Task details - Return all of the entries below exactly as they are given.

Items from a data source:
○ ○ ○ ○ ○ ○ ○
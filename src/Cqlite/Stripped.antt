-- ===== src/Cqlite/Stripped.antt =====
-- The prefixes that `readable_error` of backend/app/db/cqlite_client.py strips.
use mathlib.Core.List.{Memᴰ}
use mathlib.Core.Option.{some-injective}
use open_htap_stack.Prelude.{
  ℕ, zero, suc, ◌+◌, ◌≤◌, ◌<◌, ◌≡◌, refl, sym, ◌∙◌, ap, subst, Bool, true, false, Bool-cases,
  Option-cases, inl, inr, Option, none, some, List, [], ◌∷◌, ◌++◌, ==_iff, length, length-append,
  take, arith,
}
use open_htap_stack.Prelude.Chars.{split, behind}
use open_htap_stack.Cqlite.Message.{
  join, prefixes, strip_one, sweep, strip_all, cut, message_limit, readable_error,
}

-- No prefix stands in front.
abbrev pub Bare : List (List ℕ) → List ℕ → Type 0
Bare [] text = Unit {0}
Bare (p ∷ ps) text = (behind p text ≡ none) × Bare ps text

abbrev Filled : List (List ℕ) → Type 0
Filled [] = Unit {0}
Filled (p ∷ ps) = (0 < length p) × Filled ps

-- What is left of a text when some of the prefixes are taken off its front, one after the other.
pub data Strips (ps : List (List ℕ)) (rest : List ℕ) : List ℕ → Type 0 where
  all_off : {text : List ℕ} → text ≡ rest → Strips ps rest text
  one_off :
      {text : List ℕ} (p between : List ℕ)
      → Memᴰ p ps
      → text ≡ p ++ between
      → Strips ps rest between
      → Strips ps rest text

Strips-trans : {ps : List (List ℕ)} {b a c : List ℕ} → Strips ps b a → Strips ps c b → Strips ps c a
Strips-trans {ps} {b} {a} {c} (all_off e) t = subst (λ (x : List ℕ). Strips ps c x) (sym e) t
Strips-trans (one_off p between m e s) t = one_off p between m e (Strips-trans s t)

Strips-tail :
    {ps : List (List ℕ)} {rest text : List ℕ} (p : List ℕ)
    → Strips ps rest text
    → Strips (p ∷ ps) rest text
Strips-tail p (all_off e) = all_off e
Strips-tail p (one_off q between m e s) = one_off q between (Memᴰ.tail m) e (Strips-tail p s)

behind-eq : (p text rest : List ℕ) → behind p text ≡ some rest → text ≡ p ++ rest
unfolding behind
behind-eq [] text rest h = some-injective text rest h
behind-eq (p ∷ ps) [] rest h = cc
behind-eq (p ∷ ps) (c ∷ cs) rest h = ground (arith, ==_iff p c, behind-eq ps cs rest)

-- What a sweep comes to.
record Swept (ps : List (List ℕ)) (text : List ℕ) (out : Bool × List ℕ) : Type 0 where
  strips : Strips ps out.1 text
  no_longer : length out.1 ≤ length text
  bare : out.0 ≡ false → Bare ps text × (out.1 ≡ text)
  shorter : out.0 ≡ true → length out.1 < length text

longer-than :
    (front rest text : List ℕ) → text ≡ front ++ rest → length text ≡ length front + length rest
longer-than front rest text h = ap length h ∙ length-append front rest

sweep-found :
    (p : List ℕ) (ps : List (List ℕ)) (text after : List ℕ) (out : Bool × List ℕ)
    → 0 < length p
    → behind p text ≡ some after
    → Swept ps after out
    → Swept (p ∷ ps) text (true, out.1)
sweep-found p ps text after out h e s =
    let whole = behind-eq p text after e in
    let a = longer-than p after text whole in
    record {
      strips = one_off p after (Memᴰ.head refl) whole (Strips-tail p s.strips);
      no_longer = omega (arith, a, s.no_longer);
      bare = λ f. cc;
      shorter = λ t. omega (arith, a, s.no_longer);
    }

sweep-missed :
    (p : List ℕ) (ps : List (List ℕ)) (text : List ℕ) (out : Bool × List ℕ)
    → behind p text ≡ none
    → Swept ps text out
    → Swept (p ∷ ps) text out
sweep-missed p ps text out e s = record {
  strips = Strips-tail p s.strips;
  no_longer = s.no_longer;
  bare = λ f. let (b, same) = s.bare f in ((e, b), same);
  shorter = s.shorter;
}

sweep-Swept : (ps : List (List ℕ)) (text : List ℕ) → Filled ps → Swept ps text (sweep ps text)
unfolding sweep strip_one
sweep-Swept [] text h = record {
  strips = all_off refl;
  no_longer = omega arith;
  bare = λ f. (tt, refl);
  shorter = λ t. cc;
}
sweep-Swept (p ∷ ps) text h = elim (Option-cases (behind p text)) [
  | inl e ↦ rw e (sweep-missed p ps text (sweep ps text) e (sweep-Swept ps text h.1))
  | inr (after, e) ↦
      rw e (sweep-found p ps text after (sweep ps after) h.0 e (sweep-Swept ps after h.1))
]

-- The loop ends within the length of the text: it takes prefixes off until none stands in front.
strip_all-returns :
    (fuel : ℕ) (ps : List (List ℕ)) (text : List ℕ)
    → Filled ps
    → length text < fuel
    → (rest : List ℕ) × (strip_all fuel ps text ≡ some rest) × Bare ps rest × Strips ps rest text
unfolding strip_all
strip_all-returns zero ps text h k = absurd (omega arith)
strip_all-returns (suc fuel) ps text h k =
    let s = sweep-Swept ps text h in
    elim (Bool-cases (sweep ps text).0) [
      | inl e ↦
          let (rest, found, bare, ends) =
            strip_all-returns fuel ps (sweep ps text).1 h (omega (arith, s.shorter e)) in
          (rest, rw e found, bare, Strips-trans s.strips ends)
      | inr e ↦
          let (bare, same) = s.bare e in
          (
            (sweep ps text).1,
            rw e refl,
            subst (λ (t : List ℕ). Bare ps t) (sym same) bare,
            s.strips,
          )
    ]

-- Whatever the text of an error, with its white space normalised: the stripping comes to an end within
-- the fuel, having taken nothing but prefixes of the five off the front until none of them stands there,
-- and the message is the first 400 characters of what is left.
pub readable_error-returns :
    (error : List ℕ)
    → (rest : List ℕ) × (strip_all
          (length (join (split [] error)) + 1)
          prefixes
          (join (split [] error))
        ≡ some rest)
      × (readable_error error ≡ take message_limit rest)
      × Bare prefixes rest
      × Strips prefixes rest (join (split [] error))
unfolding readable_error
readable_error-returns error =
    let text = join (split [] error) in
    let (rest, found, bare, ends) =
      strip_all-returns (length text + 1) prefixes text (omega arith) (omega arith) in
    (rest, found, ap (λ (o : Option (List ℕ)). cut o) found, bare, ends)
○ ○ ○ ○ ○ ○ ○
Written response -
filename src/Cqlite/Stripped.antt
-- ===== src/Cqlite/Stripped.antt =====
-- The prefixes that `readable_error` of backend/app/db/cqlite_client.py strips.
use mathlib.Core.List.{Memᴰ}
use mathlib.Core.Option.{some-injective}
use open_htap_stack.Prelude.{
  ℕ, zero, suc, ◌+◌, ◌≤◌, ◌<◌, ◌≡◌, refl, sym, ◌∙◌, ap, subst, Bool, true, false, Bool-cases,
  Option-cases, inl, inr, Option, none, some, List, [], ◌∷◌, ◌++◌, ==_iff, length, length-append,
  take, arith,
}
use open_htap_stack.Prelude.Chars.{split, behind}
use open_htap_stack.Cqlite.Message.{
  join, prefixes, strip_one, sweep, strip_all, cut, message_limit, readable_error,
}

-- No prefix stands in front.
abbrev pub Bare : List (List ℕ) → List ℕ → Type 0
Bare [] text = Unit {0}
Bare (p ∷ ps) text = (behind p text ≡ none) × Bare ps text

abbrev Filled : List (List ℕ) → Type 0
Filled [] = Unit {0}
Filled (p ∷ ps) = (0 < length p) × Filled ps

-- What is left of a text when some of the prefixes are taken off its front, one after the other.
pub data Strips (ps : List (List ℕ)) (rest : List ℕ) : List ℕ → Type 0 where
  all_off : {text : List ℕ} → text ≡ rest → Strips ps rest text
  one_off :
      {text : List ℕ} (p between : List ℕ)
      → Memᴰ p ps
      → text ≡ p ++ between
      → Strips ps rest between
      → Strips ps rest text

Strips-trans : {ps : List (List ℕ)} {b a c : List ℕ} → Strips ps b a → Strips ps c b → Strips ps c a
Strips-trans {ps} {b} {a} {c} (all_off e) t = subst (λ (x : List ℕ). Strips ps c x) (sym e) t
Strips-trans (one_off p between m e s) t = one_off p between m e (Strips-trans s t)

Strips-tail :
    {ps : List (List ℕ)} {rest text : List ℕ} (p : List ℕ)
    → Strips ps rest text
    → Strips (p ∷ ps) rest text
Strips-tail p (all_off e) = all_off e
Strips-tail p (one_off q between m e s) = one_off q between (Memᴰ.tail m) e (Strips-tail p s)

behind-eq : (p text rest : List ℕ) → behind p text ≡ some rest → text ≡ p ++ rest
unfolding behind
behind-eq [] text rest h = some-injective text rest h
behind-eq (p ∷ ps) [] rest h = cc
behind-eq (p ∷ ps) (c ∷ cs) rest h = ground (arith, ==_iff p c, behind-eq ps cs rest)

-- What a sweep comes to.
record Swept (ps : List (List ℕ)) (text : List ℕ) (out : Bool × List ℕ) : Type 0 where
  strips : Strips ps out.1 text
  no_longer : length out.1 ≤ length text
  bare : out.0 ≡ false → Bare ps text × (out.1 ≡ text)
  shorter : out.0 ≡ true → length out.1 < length text

longer-than :
    (front rest text : List ℕ) → text ≡ front ++ rest → length text ≡ length front + length rest
longer-than front rest text h = ap length h ∙ length-append front rest

sweep-found :
    (p : List ℕ) (ps : List (List ℕ)) (text after : List ℕ) (out : Bool × List ℕ)
    → 0 < length p
    → behind p text ≡ some after
    → Swept ps after out
    → Swept (p ∷ ps) text (true, out.1)
sweep-found p ps text after out h e s =
    let whole = behind-eq p text after e in
    let a = longer-than p after text whole in
    record {
      strips = one_off p after (Memᴰ.head refl) whole (Strips-tail p s.strips);
      no_longer = omega (arith, a, s.no_longer);
      bare = λ f. cc;
      shorter = λ t. omega (arith, a, s.no_longer);
    }

sweep-missed :
    (p : List ℕ) (ps : List (List ℕ)) (text : List ℕ) (out : Bool × List ℕ)
    → behind p text ≡ none
    → Swept ps text out
    → Swept (p ∷ ps) text out
sweep-missed p ps text out e s = record {
  strips = Strips-tail p s.strips;
  no_longer = s.no_longer;
  bare = λ f. let (b, same) = s.bare f in ((e, b), same);
  shorter = s.shorter;
}

sweep-Swept : (ps : List (List ℕ)) (text : List ℕ) → Filled ps → Swept ps text (sweep ps text)
unfolding sweep strip_one
sweep-Swept [] text h = record {
  strips = all_off refl;
  no_longer = omega arith;
  bare = λ f. (tt, refl);
  shorter = λ t. cc;
}
sweep-Swept (p ∷ ps) text h = elim (Option-cases (behind p text)) [
  | inl e ↦ rw e (sweep-missed p ps text (sweep ps text) e (sweep-Swept ps text h.1))
  | inr (after, e) ↦
      rw e (sweep-found p ps text after (sweep ps after) h.0 e (sweep-Swept ps after h.1))
]

-- The loop ends within the length of the text: it takes prefixes off until none stands in front.
strip_all-returns :
    (fuel : ℕ) (ps : List (List ℕ)) (text : List ℕ)
    → Filled ps
    → length text < fuel
    → (rest : List ℕ) × (strip_all fuel ps text ≡ some rest) × Bare ps rest × Strips ps rest text
unfolding strip_all
strip_all-returns zero ps text h k = absurd (omega arith)
strip_all-returns (suc fuel) ps text h k =
    let s = sweep-Swept ps text h in
    elim (Bool-cases (sweep ps text).0) [
      | inl e ↦
          let (rest, found, bare, ends) =
            strip_all-returns fuel ps (sweep ps text).1 h (omega (arith, s.shorter e)) in
          (rest, rw e found, bare, Strips-trans s.strips ends)
      | inr e ↦
          let (bare, same) = s.bare e in
          (
            (sweep ps text).1,
            rw e refl,
            subst (λ (t : List ℕ). Bare ps t) (sym same) bare,
            s.strips,
          )
    ]

-- Whatever the text of an error, with its white space normalised: the stripping comes to an end within
-- the fuel, having taken nothing but prefixes of the five off the front until none of them stands there,
-- and the message is the first 400 characters of what is left.
pub readable_error-returns :
    (error : List ℕ)
    → (rest : List ℕ) × (strip_all
          (length (join (split [] error)) + 1)
          prefixes
          (join (split [] error))
        ≡ some rest)
      × (readable_error error ≡ take message_limit rest)
      × Bare prefixes rest
      × Strips prefixes rest (join (split [] error))
unfolding readable_error
readable_error-returns error =
    let text = join (split [] error) in
    let (rest, found, bare, ends) =
      strip_all-returns (length text + 1) prefixes text (omega arith) (omega arith) in
    (rest, found, ap (λ (o : Option (List ℕ)). cut o) found, bare, ends)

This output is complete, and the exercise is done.